Driving through West Virginia with three colleagues from Pittsburgh we alternate
driving, talking, eating, and napping. The GPS indicated it’s a 9+ hour drive to our
retreat center destination in North Carolina.

 

No worries though because we have
brought enough snacks to ward off starvation should we get lost in the hills or
waylaid by the road construction.
The view from our car windows is sometimes luscious green hills, sometimes sky
and panoramic cloudscape. Once we get the radio functioning, we hum and sing
along to the country and western music that is a specialty of the region. But the best
part is the conversation and the amazing connections. One friend describes going to
a documentary film about Toni Morrison’s life and mentions how Toni wrote of how
grateful she was for “friends of mind.”
This brought back to me an exchange I had had the day before with a colleague over
Zoom, followed by our text messaging. In our Zoom conversation, we had been
exploring ideas to help me improve my website. Later in the afternoon, my colleague
texted me a suggestion that had come to her while riding her bicycle. I texted back,
“I’m so grateful to have the use of your beautiful mind to help me with my creative
projects.”
Down the road a bit I decided to begin typing some reflections on a project my
improv troupe and I did last week. I typed, “To the body, feelings are just sensations,
often uncomfortable until we give them names. Within minutes of my having
written this, my friend LaVerne, who was sitting next to me in the back seat leaned
across the car to show me a meme she had just discovered on her Facebook page.

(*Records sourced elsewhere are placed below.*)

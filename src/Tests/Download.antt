-- ===== src/Tests/Download.antt =====
-- A download that breaks after two bytes, and the theorems about reading at this download.
use mathlib.Core.Path.{subst}
use ota_pulse.Prelude.{
  ℕ, ◌+◌, ◌-◌, ◌≤◌, ◌≡◌, refl, sym as flip, ap, ◌⊎◌, Option, none, some, List, [], ◌∷◌, ◌==◌, ltb,
  arith, if◌then◌else◌, length,
}
use ota_pulse.Prelude.Int.{pos}
use ota_pulse.Prelude.Segments.{take, drop, take-length-take, length-take-le}
use ota_pulse.Installer.Text.{trim_space, split_where, parse_int, format_int, is_space}
use ota_pulse.Agent.Backoff.{get_exponential_backoff_time, smallest_unit}
use ota_pulse.Client.Resumer.{
  Err, eof, broken, sleep, request, Response, DidRead, Network, UpdateResumer, new_update_resumer,
  after_prefix, range_start, get_stream_from_partial_content, resume, read_loop, read,
}
use ota_pulse.Client.Resumer.Delivers.{Carries}
use ota_pulse.Client.Resumer.Reads.{Delivers, read-Delivers}
use ota_pulse.Client.Resumer.Recovers.{Answers, AsksOnce, IsGood, read-recovers}
use ota_pulse.Client.Resumer.Downloads.{Downloads, last, more, download_whole}

abbrev artifact : List ℕ
artifact = 10 ∷ 11 ∷ 12 ∷ 13 ∷ []

-- A stream is its position and where it ends.
abbrev at_most : ℕ → ℕ → ℕ
at_most a b = if ltb a b then a else b

abbrev end_of : ℕ × ℕ → Option Err
end_of (p, stop) = if p == stop then (if stop == 4 then some eof else some broken) else none

abbrev read_from : ℕ → ℕ × ℕ → DidRead (ℕ × ℕ)
read_from n (p, stop) =
    let bytes = take (at_most n (stop - p)) (drop p artifact) in
    record { bytes = bytes; error = end_of (p, stop); after = (p + length bytes, stop) }

abbrev answer : Response (ℕ × ℕ)
answer = record { status_code = 206; content_range = "bytes 2-3/4"; body = (2, 4) }

abbrev server : Network (ℕ × ℕ)
server = record {
  read_stream = read_from;
  copy_n = λ n s. some (s.0 + n, s.1);
  respond = λ calls. some answer;
}

abbrev Stands : ℕ → ℕ × ℕ → Type 0
Stands p s = s.0 ≡ p

starts_at_two : range_start (pos 4) "bytes 2-3/4" ≡ some (pos 2)
unfolding range_start after_prefix trim_space split_where parse_int is_space
starts_at_two = refl

carried :
    (n p stop : ℕ)
    → let d = read_from n (p, stop) in
      (length d.bytes ≤ n)
      × (d.bytes ≡ take (length d.bytes) (drop p artifact))
      × (p + length d.bytes ≡ p + length d.bytes)
carried n p stop =
    let m = at_most n (stop - p) in
    let small : m ≤ n = ground arith in
    (omega (arith, length-take-le m (drop p artifact)), take-length-take m (drop p artifact), refl)

server-Carries : Carries server artifact (pos 4) Stands
server-Carries = record {
  reads = λ p n s at.
      subst
        (λ (q : ℕ).
          let d = read_from n s in
          (length d.bytes ≤ n)
          × (d.bytes ≡ take (length d.bytes) (drop q artifact))
          × (s.0 + length d.bytes ≡ q + length d.bytes))
        at (carried n s.0 s.1);
  copies = λ p n s s' at e. ground arith;
  responds = λ calls res start e at.
      let same : answer ≡ res = ground arith in
      (2, ground (arith, starts_at_two), ap (λ (r : Response (ℕ × ℕ)). r.body.0) (flip same));
}

-- The reader before a read of eight bytes, after it, and so on.
abbrev reader : UpdateResumer (ℕ × ℕ)
reader = new_update_resumer (0, 2) (pos 4) smallest_unit

abbrev half : UpdateResumer (ℕ × ℕ)
half = record reader { stream = (2, 2); offset = 2 }

abbrev whole : UpdateResumer (ℕ × ℕ)
whole = record reader {
  stream = (4, 4);
  offset = 4;
  retry_attempts = 1;
  trace = request "bytes=2-" ∷ sleep smallest_unit ∷ [];
}

abbrev did : List ℕ → Option Err → UpdateResumer (ℕ × ℕ) → DidRead (UpdateResumer (ℕ × ℕ))
did bytes e r = record { bytes = bytes; error = e; after = r }

-- The first read, the one that asks for the rest, and the end.
reads :
    (read server 4 8 reader ≡ some (did (10 ∷ 11 ∷ []) none half))
    × (read server 4 8 half ≡ some (did (12 ∷ 13 ∷ []) none whole))
    × (read server 4 8 whole ≡ some (did [] (some eof) whole))
unfolding read read_loop resume get_exponential_backoff_time get_stream_from_partial_content
    range_start after_prefix trim_space split_where parse_int format_int is_space
reads = (refl, refl, refl)

download : Downloads server 4 reader artifact
download =
    more 8 (did (10 ∷ 11 ∷ []) none half) (12 ∷ 13 ∷ []) artifact reads.0
      (more 8 (did (12 ∷ 13 ∷ []) none whole) [] (12 ∷ 13 ∷ []) reads.1
        (last 8 (did [] (some eof) whole) [] reads.2 refl refl) refl)
      refl

download_whole_example : (artifact ≡ artifact) ⊎ (artifact ≡ [])
download_whole_example =
    download_whole server artifact Stands (0, 2) smallest_unit 0 4 server-Carries (omega arith)
      (omega arith) (omega arith) refl download

read-Delivers_example :
    (out : DidRead (UpdateResumer (ℕ × ℕ))) × (read server 4 8 half ≡ some out)
    × Delivers artifact (pos 4) smallest_unit Stands 2 8 out
read-Delivers_example =
    read-Delivers server artifact Stands half 0 4 8 server-Carries (omega arith) (omega arith)
      (omega arith) refl

answered : get_stream_from_partial_content server 2 (pos 4) answer ≡ some (2, 4)
unfolding get_stream_from_partial_content range_start after_prefix trim_space split_where parse_int
    is_space
answered = refl

half-Answers : Answers server (pos 4) 2
half-Answers = record {
  response = answer;
  stream = (2, 4);
  answered = λ calls. refl;
  usable = answered;
  readable = λ size. refl;
}

waits : get_exponential_backoff_time 0 smallest_unit 0 ≡ some smallest_unit
unfolding get_exponential_backoff_time
waits = refl

read-recovers_example :
    (out : DidRead (UpdateResumer (ℕ × ℕ))) × (read server 4 8 half ≡ some out)
    × IsGood out
    × AsksOnce server half.trace out.after.trace
read-recovers_example = read-recovers server 2 8 smallest_unit half half-Answers waits (omega arith)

“I sat with my anger long enough till she told me her real name, Grief.”
It took a bit longer than the GPS predicted, but we arrived safe and sound to the
InterPlay Leader’s Gathering in the Smoky Mountains. A community of “friends of
mind” greets us. We will move and play together, changing our bodies to change our
minds, and visa versa. With the support of one another, we will redo in our bodies,
the effects of toxic socializations around race, gender, and the processes of grief.
How lucky I feel to have so many playmates that are “friends of mind.”
How about you? Where do you find your “friends of mind?”